§ Exercise aim
Below are records that must be duplicated exactly.
===============
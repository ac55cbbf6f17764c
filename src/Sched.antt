-- ===== src/Sched.antt =====
-- kernel/scheduler.h: the cooperative scheduler of the three domains. A work function is a pointer,
-- 0 for none, and what it does is a parameter: it takes its context, the scheduler's state, to which
-- it may submit again, and the rest of the machine. The slots are the list of the first `count`.
pub mod Cycle
mod Tests
use samos.Base.{
  ℕ, zero, suc, ◌+◌, ◌%◌, ◌^◌, Bool, true, false, not, ◌==◌, if◌then◌else◌, List, [], ◌∷◌, ◌++◌,
  length, get_or, set, u32,
}

-- `sched_slot_t`
pub record Slot : Type 0 where
  pub id : ℕ
  pub runnable : Bool
  pub work : ℕ
  pub ctx : ℕ
  pub quanta_run : ℕ
  pub name : List ℕ

-- `sam_scheduler_t`
pub record Scheduler : Type 0 where
  pub slots : List Slot
  pub current : ℕ
  pub cycles : ℕ

abbrev pub idle_slot : ℕ → List ℕ → Slot
idle_slot i n = record { id = i; runnable = false; work = 0; ctx = 0; quanta_run = 0; name = n }

-- The names "AI", "GAME" and "GEN".
pub sam_sched_init : Scheduler
sam_sched_init = record {
  slots =
      idle_slot 0x10 (65 ∷ 73 ∷ [])
      ∷ idle_slot 0x20 (71 ∷ 65 ∷ 77 ∷ 69 ∷ [])
      ∷ idle_slot 0x30 (71 ∷ 69 ∷ 78 ∷ [])
      ∷ [];
  current = 0;
  cycles = 0;
}

abbrev pub posted : Slot → ℕ → ℕ → Slot
posted s work ctx = record s { work = work; ctx = ctx; runnable = true }

-- The loop of `sam_sched_submit`; `false` is -1.
pub submit_loop : List Slot → ℕ → ℕ → ℕ → List Slot × Bool
submit_loop [] domain_id work ctx = ([], false)
submit_loop (s ∷ ss) domain_id work ctx =
    let rest = submit_loop ss domain_id work ctx in
    if Slot.id s == domain_id then (posted s work ctx ∷ ss, true) else (s ∷ rest.0, rest.1)

pub sam_sched_submit : Scheduler → ℕ → ℕ → ℕ → Scheduler × Bool
sam_sched_submit sched domain_id work ctx =
    let r = submit_loop sched.slots domain_id work ctx in (record sched { slots = r.0 }, r.1)

abbrev pub slot : Scheduler → ℕ → Slot
slot sched i = get_or sched.slots i (idle_slot 0 [])

-- s->runnable = 0;
abbrev pub claim : Scheduler → ℕ → Scheduler
claim sched i = record sched {
  slots = set sched.slots i (record (slot sched i) { runnable = false });
}

-- s->quanta_run++;
abbrev pub account : Scheduler → ℕ → Scheduler
account sched i = record sched {
  slots =
      set sched.slots i
        (record (slot sched i) { quanta_run = u32 ((slot sched i).quanta_run + 1) });
}

module _ {W : Type 0} (call : ℕ → ℕ → Scheduler × W → Scheduler × W) where
  -- One quantum of slot `i`.
  pub run_quantum : Scheduler × W → ℕ → Scheduler × W
  run_quantum (sched, w) i =
      let claimed = claim sched i in
      let (after, w') =
        if (slot claimed i).work == 0
        then (claimed, w)
        else call (slot claimed i).work (slot claimed i).ctx (claimed, w) in
      (account after i, w')

  -- The loop of `sam_sched_tick` from slot `i` on.
  pub tick_loop : Scheduler × W → ℕ → ℕ → ℕ → (Scheduler × W) × ℕ
  tick_loop st i zero ran = (st, ran)
  tick_loop st i (suc left) ran =
      let skipped = tick_loop st (i + 1) left ran in
      let rest = tick_loop (run_quantum st i) (i + 1) left (ran + 1) in
      if not (slot st.0 i).runnable then skipped else rest

  pub sam_sched_tick : Scheduler × W → (Scheduler × W) × ℕ
  sam_sched_tick st =
      let ((sched, w), ran) = tick_loop st 0 (length st.0.slots) 0 in
      ((record sched { cycles = u32 (sched.cycles + 1) }, w), ran)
===============
§ Written response
repository ac55cbbf6f17764c
filename src/Sched.antt
-- ===== src/Sched.antt =====
-- kernel/scheduler.h: the cooperative scheduler of the three domains. A work function is a pointer,
-- 0 for none, and what it does is a parameter: it takes its context, the scheduler's state, to which
-- it may submit again, and the rest of the machine. The slots are the list of the first `count`.
pub mod Cycle
mod Tests
use samos.Base.{
  ℕ, zero, suc, ◌+◌, ◌%◌, ◌^◌, Bool, true, false, not, ◌==◌, if◌then◌else◌, List, [], ◌∷◌, ◌++◌,
  length, get_or, set, u32,
}

-- `sched_slot_t`
pub record Slot : Type 0 where
  pub id : ℕ
  pub runnable : Bool
  pub work : ℕ
  pub ctx : ℕ
  pub quanta_run : ℕ
  pub name : List ℕ

-- `sam_scheduler_t`
pub record Scheduler : Type 0 where
  pub slots : List Slot
  pub current : ℕ
  pub cycles : ℕ

abbrev pub idle_slot : ℕ → List ℕ → Slot
idle_slot i n = record { id = i; runnable = false; work = 0; ctx = 0; quanta_run = 0; name = n }

-- The names "AI", "GAME" and "GEN".
pub sam_sched_init : Scheduler
sam_sched_init = record {
  slots =
      idle_slot 0x10 (65 ∷ 73 ∷ [])
      ∷ idle_slot 0x20 (71 ∷ 65 ∷ 77 ∷ 69 ∷ [])
      ∷ idle_slot 0x30 (71 ∷ 69 ∷ 78 ∷ [])
      ∷ [];
  current = 0;
  cycles = 0;
}

abbrev pub posted : Slot → ℕ → ℕ → Slot
posted s work ctx = record s { work = work; ctx = ctx; runnable = true }

-- The loop of `sam_sched_submit`; `false` is -1.
pub submit_loop : List Slot → ℕ → ℕ → ℕ → List Slot × Bool
submit_loop [] domain_id work ctx = ([], false)
submit_loop (s ∷ ss) domain_id work ctx =
    let rest = submit_loop ss domain_id work ctx in
    if Slot.id s == domain_id then (posted s work ctx ∷ ss, true) else (s ∷ rest.0, rest.1)

pub sam_sched_submit : Scheduler → ℕ → ℕ → ℕ → Scheduler × Bool
sam_sched_submit sched domain_id work ctx =
    let r = submit_loop sched.slots domain_id work ctx in (record sched { slots = r.0 }, r.1)

abbrev pub slot : Scheduler → ℕ → Slot
slot sched i = get_or sched.slots i (idle_slot 0 [])

-- s->runnable = 0;
abbrev pub claim : Scheduler → ℕ → Scheduler
claim sched i = record sched {
  slots = set sched.slots i (record (slot sched i) { runnable = false });
}

-- s->quanta_run++;
abbrev pub account : Scheduler → ℕ → Scheduler
account sched i = record sched {
  slots =
      set sched.slots i
        (record (slot sched i) { quanta_run = u32 ((slot sched i).quanta_run + 1) });
}

module _ {W : Type 0} (call : ℕ → ℕ → Scheduler × W → Scheduler × W) where
  -- One quantum of slot `i`.
  pub run_quantum : Scheduler × W → ℕ → Scheduler × W
  run_quantum (sched, w) i =
      let claimed = claim sched i in
      let (after, w') =
        if (slot claimed i).work == 0
        then (claimed, w)
        else call (slot claimed i).work (slot claimed i).ctx (claimed, w) in
      (account after i, w')

  -- The loop of `sam_sched_tick` from slot `i` on.
  pub tick_loop : Scheduler × W → ℕ → ℕ → ℕ → (Scheduler × W) × ℕ
  tick_loop st i zero ran = (st, ran)
  tick_loop st i (suc left) ran =
      let skipped = tick_loop st (i + 1) left ran in
      let rest = tick_loop (run_quantum st i) (i + 1) left (ran + 1) in
      if not (slot st.0 i).runnable then skipped else rest

  pub sam_sched_tick : Scheduler × W → (Scheduler × W) × ℕ
  sam_sched_tick st =
      let ((sched, w), ran) = tick_loop st 0 (length st.0.slots) 0 in
      ((record sched { cycles = u32 (sched.cycles + 1) }, w), ran)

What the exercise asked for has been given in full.